- Task objective -
In the data below, find each line containing the string "with" and return it.

Collected data
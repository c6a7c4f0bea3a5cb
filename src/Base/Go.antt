-- ===== src/Base/Go.antt =====
-- Go code that may panic, over the state `S` of the process and its surroundings: a monad.
use mathlib.Core.Path.{◌≡◌, refl}
use mathlib.Core.Option.{Option, none, some}
use test_fabric.Base.Calls.{State, Error, Result, ok, err}

-- How a call ends: with a value, or by a panic. What was done before a panic stays done.
pub data Run (A : Type 0) : Type 0 where
  done : A → Run A
  panicked : Error → Run A

abbrev pub Go : Type 0 → Type 0 → Type 0
Go S A = State S (Run A)

abbrev pub then_run : {S A B : Type 0} → (A → Go S B) → Run A → Go S B
then_run f (done a) s = f a s
then_run f (panicked e) s = (panicked e, s)

infixl 5 ◌>>=◌ ◌>>◌
abbrev pub ◌>>=◌ : {S A B : Type 0} → Go S A → (A → Go S B) → Go S B
◌>>=◌ m f s = then_run f (m s).0 (m s).1

abbrev pub ◌>>◌ : {S A B : Type 0} → Go S A → Go S B → Go S B
◌>>◌ m k = m >>= λ _. k

abbrev pub pure : {S A : Type 0} → A → Go S A
pure a s = (done a, s)

abbrev pub panic : {S A : Type 0} → Error → Go S A
panic e s = (panicked e, s)

-- A call of the surroundings, which does not panic.
abbrev pub call : {S A : Type 0} → State S A → Go S A
call m s = (done (m s).0, (m s).1)

-- The run of an index or a pointer that may be absent.
abbrev pub or_panic : {S A : Type 0} → Option A → Error → Go S A
or_panic none e = panic e
or_panic (some a) e = pure a

-- A call that returns `nil, err`, or goes on with its value.
abbrev pub on_ok : {S A B : Type 0} → Result A → (A → Go S (Result B)) → Go S (Result B)
on_ok (ok a) f = f a
on_ok (err e) f = pure (err e)

-- What a run that ended with a value went through.
pub then_run-done :
    {S A B : Type 0} (r : Run A) (f : A → Go S B) (s : S) (b : B)
    → (then_run f r s).0 ≡ done b
    → (a : A) × (r ≡ done a) × ((f a s).0 ≡ done b)
then_run-done (done a) f s b e = (a, refl, e)
then_run-done (panicked p) f s b e = cc

pub on_ok-ok :
    {S A B : Type 0} (r : Result A) (f : A → Go S (Result B)) (s : S) (b : B)
    → (on_ok r f s).0 ≡ done (ok b)
    → (a : A) × (r ≡ ok a) × ((f a s).0 ≡ done (ok b))
on_ok-ok (ok a) f s b e = (a, refl, e)
on_ok-ok (err p) f s b e = cc

-- Two runs go on alike if what follows them does.
pub run-cong :
    {S A B : Type 0} (f g : A → Go S B) (r : Run A) (s : S)
    → ((a : A) (t : S) → f a t ≡ g a t)
    → then_run f r s ≡ then_run g r s
run-cong f g (done a) s h = h a s
run-cong f g (panicked e) s h = refl

pub bind-cong :
    {S A B : Type 0} (m : Go S A) (f g : A → Go S B) (s : S)
    → ((a : A) (t : S) → f a t ≡ g a t)
    → (m >>= f) s ≡ (m >>= g) s
bind-cong m f g s h = run-cong f g (m s).0 (m s).1 h

run_assoc :
    {S A B C : Type 0} (r : Run A) (f : A → Go S B) (g : B → Go S C) (s : S)
    → then_run g (then_run f r s).0 (then_run f r s).1 ≡ then_run (λ a. f a >>= g) r s
run_assoc (done a) f g s = refl
run_assoc (panicked e) f g s = refl

pub bind_assoc :
    {S A B C : Type 0} (m : Go S A) (f : A → Go S B) (g : B → Go S C) (s : S)
    → ((m >>= f) >>= g) s ≡ (m >>= λ a. f a >>= g) s
bind_assoc m f g s = run_assoc (m s).0 f g (m s).1

-- A value that a run ends with has a property.
abbrev pub After {ℓ} : {A : Type 0} → (A → Type ℓ) → Run A → Type ℓ
After Q (done a) = Q a
After Q (panicked e) = Unit

pub any-After : {A : Type 0} (r : Run A) → After (λ a. Unit {0}) r
any-After (done a) = tt
any-After (panicked e) = tt

pub then_run-After {ℓ κ} :
    {S A B : Type 0} (Q : A → Type ℓ) (R : B → Type κ) (r : Run A) (f : A → Go S B) (s : S)
    → After Q r
    → ((a : A) (t : S) → Q a → After R (f a t).0)
    → After R (then_run f r s).0
then_run-After Q R (done a) f s q h = h a s q
then_run-After Q R (panicked e) f s q h = tt

pub or_panic-After {ℓ} :
    {S A : Type 0} (Q : A → Type ℓ) (o : Option A) (e : Error) (s : S)
    → ((a : A) → o ≡ some a → Q a)
    → After Q (or_panic o e s).0
or_panic-After Q none e s h = tt
or_panic-After Q (some a) e s h = h a refl

pub bind-After {ℓ κ} :
    {S A B : Type 0} (Q : A → Type ℓ) (R : B → Type κ) (m : Go S A) (f : A → Go S B) (s : S)
    → After Q (m s).0
    → ((a : A) (t : S) → Q a → After R (f a t).0)
    → After R ((m >>= f) s).0
bind-After Q R m f s q h = then_run-After Q R (m s).0 f (m s).1 q h

-- Whatever the first run ends with.
pub bind_any-After {κ} :
    {S A B : Type 0} (R : B → Type κ) (m : Go S A) (f : A → Go S B) (s : S)
    → ((a : A) (t : S) → After R (f a t).0)
    → After R ((m >>= f) s).0
bind_any-After R m f s h = bind-After (λ a. Unit {0}) R m f s (any-After (m s).0) (λ a t u. h a t)

pub After-map {ℓ κ} :
    {A : Type 0} (Q : A → Type ℓ) (R : A → Type κ) (r : Run A)
    → After Q r
    → ((a : A) → Q a → R a)
    → After R r
After-map Q R (done a) q h = h a q
After-map Q R (panicked e) q h = tt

- Response to this task -
-- How a call ends: with a value, or by a panic. What was done before a panic stays done.
-- A call that returns `nil, err`, or goes on with its value.
-- What a run that ended with a value went through.
-- A value that a run ends with has a property.
-- Whatever the first run ends with.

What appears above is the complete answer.